The front office itself was also held in place, other than promotions ,following the historic collapse. Everyone was gonna run it back.

In February, word leaked that that mysterious, benevolent owner was not just a hypothetical. Justin Ishbia—brother of Mat Ishbia, the owner of the Phoenix Suns—was strongly pursuing a purchase of the team. There was no guarantee as to how he would run the organization, but he would have been one of the richest owners in baseball; he’s a baseball fan; and his brother’s team had earned a reputation for spending to win. But as quickly as he had appeared, he disappeared, instead pursuing a purchase of the division rival White Sox, a team closer to home (and that he was already a minority owner of). And no individual or group seemed primed to fill his place.

Amid all of this uncertainty, the Twins didn’t spend. That’s part of the lack of turnover, too. It was part philosophy, it was part circumstance. But the Twins opened the season with the same team they ended the prior year with, more or less. And they opened the year with the same play, more or less, skidding through the opening weeks and requiring another two-week stretch of consecutive wins to drag themselves out of the bowels of MLB. This time, they couldn’t keep it up.

One of the most fascinating parts of the last year of Twins baseball is just how stale most of it was, and how that staleness accompanied so much change.

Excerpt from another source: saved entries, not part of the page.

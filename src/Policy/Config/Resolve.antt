-- ===== src/Policy/Config/Resolve.antt =====
-- What holds of a context that `resolve_request` returns.
use mathlib.Core.List.{Memᴰ}
use hot_mem.Prelude.{
  String, ◌≡◌, ◌≢◌, refl, ◌⊎◌, inl, inr, Bool, true, false, ◌&&◌, not, some, List, [], ◌∷◌, ◌++◌,
  arith, ◌=ₛ◌, eq_iff, contains, Bool-cases, Option-cases, ap, ◌∙◌, sym, ◌||◌, if◌then◌else◌,
  get_or, ok, raise_if-eq-ok, ok-injective, >>-eq-ok, >>=-eq-ok,
}
use hot_mem.Prelude.Membership.{Memᴰ-cons}
use hot_mem.Prelude.Strings.{is_blank}
use hot_mem.Policy.Platform.{Platform}
use hot_mem.Policy.Grants.{CallerCredential, excludes, matches_token}
use hot_mem.Policy.Context.{CallerContext, or_text}
use hot_mem.Policy.Context.Access.{Permits, excludes→Permits}
use hot_mem.Policy.Config.{
  PolicyConfig, Request, CleanRequest, clean_request, claimed_of_others, check_claim, impersonation,
  differ, find_credential, authorize, authorized, authenticate, is_enforced, resolve_request,
}

-- The claim is empty, or the credential may make it and no other caller's credential lists it.
pub data Entitled (claims : CallerCredential → List String) (cfg : PolicyConfig)
    (cred : CallerCredential) (claim : String) : Type 0 where
  silent : is_blank claim ≡ true → Entitled claims cfg cred claim
  entitled :
      Permits (claims cred) claim
      → ((other : CallerCredential)
          → Memᴰ other cfg.credentials
          → other.caller_id ≢ cred.caller_id
          → contains (claims other) claim ≡ false)
      → Entitled claims cfg cred claim

or-eq-false : (a b : Bool) → (a || b) ≡ false → (a ≡ false) × (b ≡ false)
or-eq-false true b h = cc
or-eq-false false b h = (refl, h)

contains-append-false :
    (xs ys : List String) (x : String)
    → contains (xs ++ ys) x ≡ false
    → (contains xs x ≡ false) × (contains ys x ≡ false)
contains-append-false [] ys x h = (refl, h)
contains-append-false (y ∷ xs) ys x h =
    let (a, b) = or-eq-false (y =ₛ x) (contains (xs ++ ys) x) h in
    let (c, d) = contains-append-false xs ys x b in (rw (a, c), d)

-- One credential's part of the claims of others.
skipped_or_absent :
    (same : Bool) (xs rest : List String) (x : String)
    → contains (if not same then xs ++ rest else rest) x ≡ false
    → ((same ≡ true) ⊎ (contains xs x ≡ false)) × (contains rest x ≡ false)
skipped_or_absent true xs rest x h = (inl refl, h)
skipped_or_absent false xs rest x h = let (a, b) = contains-append-false xs rest x h in (inr a, b)

module _ (claims : CallerCredential → List String) (caller claim : String) where
  foreign :
      (c other : CallerCredential)
      → other ≡ c
      → other.caller_id ≢ caller
      → ((c.caller_id =ₛ caller) ≡ true) ⊎ (contains (claims c) claim ≡ false)
      → contains (claims other) claim ≡ false
  foreign c other here ne (inl same) =
      absurd (ne (ap (λ o. o.caller_id) here ∙ (eq_iff c.caller_id caller).0 same))
  foreign c other here ne (inr absent) = rw here absent

  claimed_of_others_complete :
      (creds : List CallerCredential)
      → contains (claimed_of_others claims caller creds) claim ≡ false
      → (other : CallerCredential) → Memᴰ other creds
      → other.caller_id ≢ caller
      → contains (claims other) claim ≡ false
  unfolding claimed_of_others
  claimed_of_others_complete [] h other m ne = elim m [ ]
  claimed_of_others_complete (c ∷ rest) h other m ne =
      let (own, others) =
        skipped_or_absent (c.caller_id =ₛ caller) (claims c) (claimed_of_others claims caller rest)
          claim h in
      let later = claimed_of_others_complete rest others other in
      elim (Memᴰ-cons m) [ inl here ↦ foreign c other here ne own | inr there ↦ later there ne ]

  pub check_claim-Entitled :
      (cfg : PolicyConfig) (cred : CallerCredential)
      → cred.caller_id ≡ caller
      → check_claim (claims cred) (claimed_of_others claims caller cfg.credentials) claim ≡ ok tt
      → Entitled claims cfg cred claim
  unfolding check_claim
  check_claim-Entitled cfg cred e h = elim (Bool-cases (is_blank claim)) [
    | inl blank ↦ silent blank
    | inr given ↦
        let (x, k) =
          raise_if-eq-ok (excludes (claims cred) claim) impersonation _
            (rw (given, check_claim) at h) in
        entitled (excludes→Permits (claims cred) claim x) (λ other at ne.
          claimed_of_others_complete cfg.credentials (ground arith) other at
            (λ same. ne (same ∙ sym e)))
  ]

-- What an authenticated context rests on.
pub record IsAuthorized (p : Platform) (cfg : PolicyConfig) (r : Request) (c : CallerContext)
    (cred : CallerCredential) : Type 0 where
  pub known : Memᴰ cred cfg.credentials
  pub token : matches_token p cred (get_or r.token "") ≡ true
  pub live : cred.revoked ≡ false
  pub bound : c.credential ≡ some cred
  pub enforced : (c.policy_enforced ≡ true) × (c.authenticated ≡ true)
  pub caller : c.caller_id ≡ cred.caller_id
  pub same_store : differ (get_or r.requested_store_id "") c.store_id ≡ false
  pub own_store : differ cred.store_id c.store_id ≡ false
  pub session : Entitled (λ o. o.allowed_sessions) cfg cred c.session_id
  pub source : Entitled (λ o. o.allowed_sources) cfg cred c.source
  pub harness : Entitled (λ o. o.allowed_harnesses) cfg cred c.harness_id

module _ (p : Platform) where
  find_credential-known :
      (token : String) (creds : List CallerCredential) {cred : CallerCredential}
      → find_credential p token creds ≡ some cred
      → Memᴰ cred creds × (matches_token p cred token ≡ true)
  unfolding find_credential
  find_credential-known token [] h = cc
  find_credential-known token (c ∷ rest) {cred} h = elim (Bool-cases (matches_token p c token)) [
    | inl e ↦ let same : cred ≡ c = ground arith in (Memᴰ.head same, rw same e)
    | inr e ↦ let (at, k) = find_credential-known token rest (ground arith) in (Memᴰ.tail at, k)
  ]

  authorize-IsAuthorized :
      (cfg : PolicyConfig) (r : Request) (q : CleanRequest) (active : String)
      (cred : CallerCredential) {c : CallerContext}
      → authorize p cfg r q active cred ≡ ok c
      → Memᴰ cred cfg.credentials
      → matches_token p cred (get_or r.token "") ≡ true
      → IsAuthorized p cfg r c cred
  unfolding authorize
  authorize-IsAuthorized cfg r q active cred {c} h at token =
      let (a, h) = raise_if-eq-ok cred.revoked _ _ h in
      let (b, h) = raise_if-eq-ok (differ (get_or r.requested_store_id "") active) _ _ h in
      let (d, h) = raise_if-eq-ok (differ cred.store_id active) _ _ h in
      let (e, h) =
        raise_if-eq-ok (not (is_blank q.actor) && not (q.actor =ₛ cred.caller_id)) _ _ h in
      let (f, h) =
        raise_if-eq-ok (not (is_blank q.caller_claim) && not (q.caller_claim =ₛ cred.caller_id)) _ _
          h in
      let (s, h) =
        >>-eq-ok (check_claim cred.allowed_sessions (others (λ o. o.allowed_sessions)) q.session) _
          h in
      let (o, h) =
        >>-eq-ok (check_claim cred.allowed_sources (others (λ o. o.allowed_sources)) q.source) _
          h in
      let (t, h) =
        >>-eq-ok (check_claim cred.allowed_harnesses (others (λ o. o.allowed_harnesses)) q.harness)
          (ok (authorized cfg r q active cred)) h in
      rw (ok-injective h) (record {
        known = at;
        token = token;
        live = a;
        bound = refl;
        enforced = (refl, refl);
        caller = refl;
        same_store = b;
        own_store = d;
        session =
            check_claim-Entitled (λ o. o.allowed_sessions) cred.caller_id q.session cfg cred refl s;
        source =
            check_claim-Entitled (λ o. o.allowed_sources) cred.caller_id q.source cfg cred refl o;
        harness =
            check_claim-Entitled (λ o. o.allowed_harnesses) cred.caller_id q.harness cfg cred refl
              t;
      })
    where
      others : (CallerCredential → List String) → List String
      others claims = claimed_of_others claims cred.caller_id cfg.credentials

  authenticate-IsAuthorized :
      (cfg : PolicyConfig) (r : Request) (q : CleanRequest) (active : String) {c : CallerContext}
      → authenticate p cfg r q active ≡ ok c
      → (cred : CallerCredential) × IsAuthorized p cfg r c cred
  unfolding authenticate
  authenticate-IsAuthorized cfg r q active {c} h = elim (Bool-cases (is_blank token)) [
    | inl blank ↦ let k = rw (blank, authenticate) at h in cc k
    | inr given ↦ elim (Option-cases (find_credential p token cfg.credentials)) [
      | inl unknown ↦ let k = rw (given, unknown, authenticate) at h in cc k
      | inr (cred, found) ↦
          let (at, matches) = find_credential-known token cfg.credentials found in
          (
            cred,
            authorize-IsAuthorized cfg r q active cred (rw (given, found, authenticate) at h) at
                matches,
          )
    ]
  ]
    where
      token : String
      token = get_or r.token ""

  -- Where the policy is enforced, a request that is resolved carries the token of a credential of
  -- the configuration that is not revoked; its context acts as that credential's caller, for a
  -- store that neither the request nor the credential contradicts, and with a session, a source and
  -- a harness each of which is empty, or is permitted by the credential and listed by no credential
  -- of another caller.
  pub resolve_request-IsAuthorized :
      (cfg : PolicyConfig) (store : String) (r : Request) {c : CallerContext}
      → is_enforced cfg r ≡ true
      → resolve_request p cfg store r ≡ ok c
      → (cred : CallerCredential) × IsAuthorized p cfg r c cred
  unfolding resolve_request
  resolve_request-IsAuthorized cfg store r e h =
      let (q, hq, k) = >>=-eq-ok (clean_request r) _ h in
      authenticate-IsAuthorized cfg r q (or_text cfg.store_id store) (rw e at k)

Ownership was constantly in flux, but nothing truly changed. The team from the beginning of 2024 was more or less the same team as the beginning of 2025, but it played in a totally different way.

By July, it became clear that change was finally coming. The Twins would be sellers, at least at the deadline, though there were questions as to how much they would sell. They sold a lot. In order: Chris Paddack, Randy Dobnak, Jhoan Duran, Harrison Bader, Brock Stewart, Carlos Correa, Danny Coulombe, Willi Castro, Griffin Jax, Ty France, and Louie Varland. All shipped off to the highest bidder.

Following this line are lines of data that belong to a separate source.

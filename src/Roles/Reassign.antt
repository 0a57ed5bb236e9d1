-- ===== src/Roles/Reassign.antt =====
-- Handing over what a deleted role owns, internal/controller/role_reassign.go, and the statements that
-- precede DROP ROLE. PostgreSQL is a parameter: each answer may be any function of what ran before.
use pgop.Prelude.{
  Bool, true, false, not, List, [], ◌∷◌, ◌++◌, ◌==◌, if◌then◌else◌, Option, none, some, Result, ok,
  err,
}
use pgop.Text.{Text, text_eq}
use pgop.Grants.Engine.{CallError}
use pgop.Roles.{RoleError, reserved_role_name}

-- What is done before and for the drop of a role. The revocation of parameter grants and that of
-- recorded object access are one act each.
pub data Act : Type 0 where
  revoke_parameters : Act
  revoke_database_privileges : Act
  connect_to : Text → Act
  revoke_schema_privileges : Text → Act
  revoke_extension_privileges : Text → Act
  revoke_recorded_objects : Act
  reassign_owned : Text → Text → Text → Act
  drop_role : Text → Act
  save_status : Act

pub data Entry : Type 0 where
  done tried : Act → Entry

-- The latest first.
abbrev pub Acts : Type 0
Acts = List Entry

-- `postgres.ReassignTargetInfo`
pub record ReassignTargetInfo : Type 0 where
  pub exists : Bool
  pub super : Bool
  pub old_has_usage : Bool

-- `postgres.DatabaseConns`: a database, and whether it accepts connections
pub record DatabaseConns : Type 0 where
  pub name : Text
  pub allow_conns : Bool

pub record DropServer : Type 0 where
  pub answer : Acts → Act → Option CallError
  pub reassign_target : Acts → Result CallError ReassignTargetInfo
  pub databases_owned : Acts → Result CallError (List Text)
  pub databases_with_owned_objects : Acts → Result CallError (List DatabaseConns)
  pub databases_with_privileges : Acts → Result CallError (List DatabaseConns)
  -- The databases where recorded object access could not be revoked.
  pub objects_skipped : Acts → Result CallError (List Text)
  -- Whether an error of DROP ROLE names objects that depend on the role.
  pub is_dependents : CallError → Bool

-- The log after an act that was answered.
abbrev pub logged : Act → Option CallError → Acts → Acts
logged act none log = done act ∷ log
logged act (some e) log = tried act ∷ log

pub data ReassignProblem : Type 0 where
  target_reserved : RoleError → ReassignProblem
  target_is_role : ReassignProblem
  target_missing : ReassignProblem
  target_superuser : ReassignProblem
  not_a_member : ReassignProblem
  owns_databases : List Text → ReassignProblem

abbrev pub reassign_problem :
    Text → Text → ReassignTargetInfo → Option RoleError → Option ReassignProblem
reassign_problem old target info (some e) = some (target_reserved e)
reassign_problem old target info none =
    if target == old
    then some target_is_role
    else if not info.exists
    then some target_missing
    else if info.super
    then some target_superuser
    else if not info.old_has_usage
    then some not_a_member
    else none

-- `checkReassignTarget`
unfoldable pub check_reassign_target : Text → Text → ReassignTargetInfo → Option ReassignProblem
unfolding reserved_role_name
check_reassign_target old target info = reassign_problem old target info (reserved_role_name target)

-- What was skipped, and what ran.
pub record Swept : Type 0 where
  pub skipped : List Text
  pub log : Acts

pub data Reassigned : Type 0 where
  swept : Swept → Reassigned
  blocked : ReassignProblem → Reassigned
  failed : CallError → Reassigned

module _ (server : DropServer) where
  abbrev pub after : Acts → Act → Acts
  after log act = logged act (server.answer log act) log

  abbrev pub unless_failed :
      Acts → (Acts → Acts × Option CallError) → Option CallError → Acts × Option CallError
  unless_failed log next (some e) = (log, some e)
  unless_failed log next none = next log

  -- An act whose error ends the work, or the rest.
  abbrev pub act_then : Act → Acts → (Acts → Acts × Option CallError) → Acts × Option CallError
  act_then act log next = unless_failed (after log act) next (server.answer log act)

  abbrev pub last_act : Act → Acts → Acts × Option CallError
  last_act act log = (after log act, server.answer log act)

  -- `reassignOwnedIn`
  unfoldable pub reassign_owned_in : Text → Text → Text → Acts → Acts × Option CallError
  reassign_owned_in old target db log =
      act_then (connect_to db) log (last_act (reassign_owned db old target))

  abbrev pub or_skipped : Text → Option CallError → List Text → List Text
  or_skipped db none skipped = skipped
  or_skipped db (some e) skipped = skipped ++ db ∷ []

  -- A loop over databases that skips those that accept no connection, or where the work fails.
  unfoldable pub sweep :
      (Text → Acts → Acts × Option CallError) → List DatabaseConns → List Text → Acts → Swept
  sweep work [] skipped log = record { skipped = skipped; log = log }
  sweep work (db ∷ dbs) skipped log = elim db.allow_conns [
    | false ↦ sweep work dbs (skipped ++ db.name ∷ []) log
    | true ↦ sweep work dbs (or_skipped db.name (work db.name log).1 skipped) (work db.name log).0
  ]

  abbrev pub reassign_everywhere :
      Text → Text → Acts → Result CallError (List DatabaseConns) → Reassigned
  reassign_everywhere old target log (err e) = failed e
  reassign_everywhere old target log (ok dbs) =
      swept (sweep (reassign_owned_in old target) dbs [] log)

  abbrev pub unless_owner : Text → Text → Acts → Result CallError (List Text) → Reassigned
  unless_owner old target log (err e) = failed e
  unless_owner old target log (ok (db ∷ dbs)) = blocked (owns_databases (db ∷ dbs))
  unless_owner old target log (ok []) =
      reassign_everywhere old target log (server.databases_with_owned_objects log)

  abbrev pub unless_refused : Text → Text → Acts → Option ReassignProblem → Reassigned
  unless_refused old target log (some p) = blocked p
  unless_refused old target log none = unless_owner old target log (server.databases_owned log)

  -- `reassignOwnedObjects`
  unfoldable pub reassign_owned_objects : Text → Text → Acts → Reassigned
  unfolding check_reassign_target sweep reassign_owned_in
  reassign_owned_objects old target log = elim (server.reassign_target log) [
    | err e ↦ failed e
    | ok info ↦ unless_refused old target log (check_reassign_target old target info)
  ]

And suddenly, everything was changed. The team that spent so many months so stale was turned on its head. Eighteen players played in that August 18 game. Five are on the active roster today. After all those calls for a shakeup of the hitting core, the Twins traded… their whole bullpen. Much of that offensive core remains.

Of course, they did trade Carlos Correa—the leader of the team. He was unceremoniously shipped off to Houston, paying the Astros to take his contract off the books. The era was just… over. Only 22 of the 52 players who played a game for the Twins last season are still in the organization today, and that’s after one of the least active offseasons you could imagine.

And speaking of inaction, ownership. Just days ago, the announcement was released: The Pohlads would not be selling the team. Well, not all of it, anyway. Instead, limited partners will be buying a portion, but the family still has control. Twins fans went from being fed up with ownership, to hopeful for a new owner, to ecstatic about a real potential owner, to heartbroken, to grasping at any morsel of information, back to being fed up with ownership, or at least about three-quarters of it.

On the field, the staleness turned to rot. The cooks hope that cutting off part of the loaf makes the rest of the bread edible again.

This all started with a good team that seemed destined for the playoffs. How much different would we feel had that meltdown not happened? If, instead of being incensed, we were merely annoyed that the team could have gone a little farther with a little more investment? Instead of front office promotions following a complete self-destruction, what if they came after guiding a cheap and injury-riddled team into the playoffs? Instead of failing to fix what went wrong down the stretch, what if they merely banked on continual improvement and ran it back with a similar team?

And what if today’s ownership, after all those months of questions, wasn’t the same ownership that the club had 12 months ago, plus a couple of friends?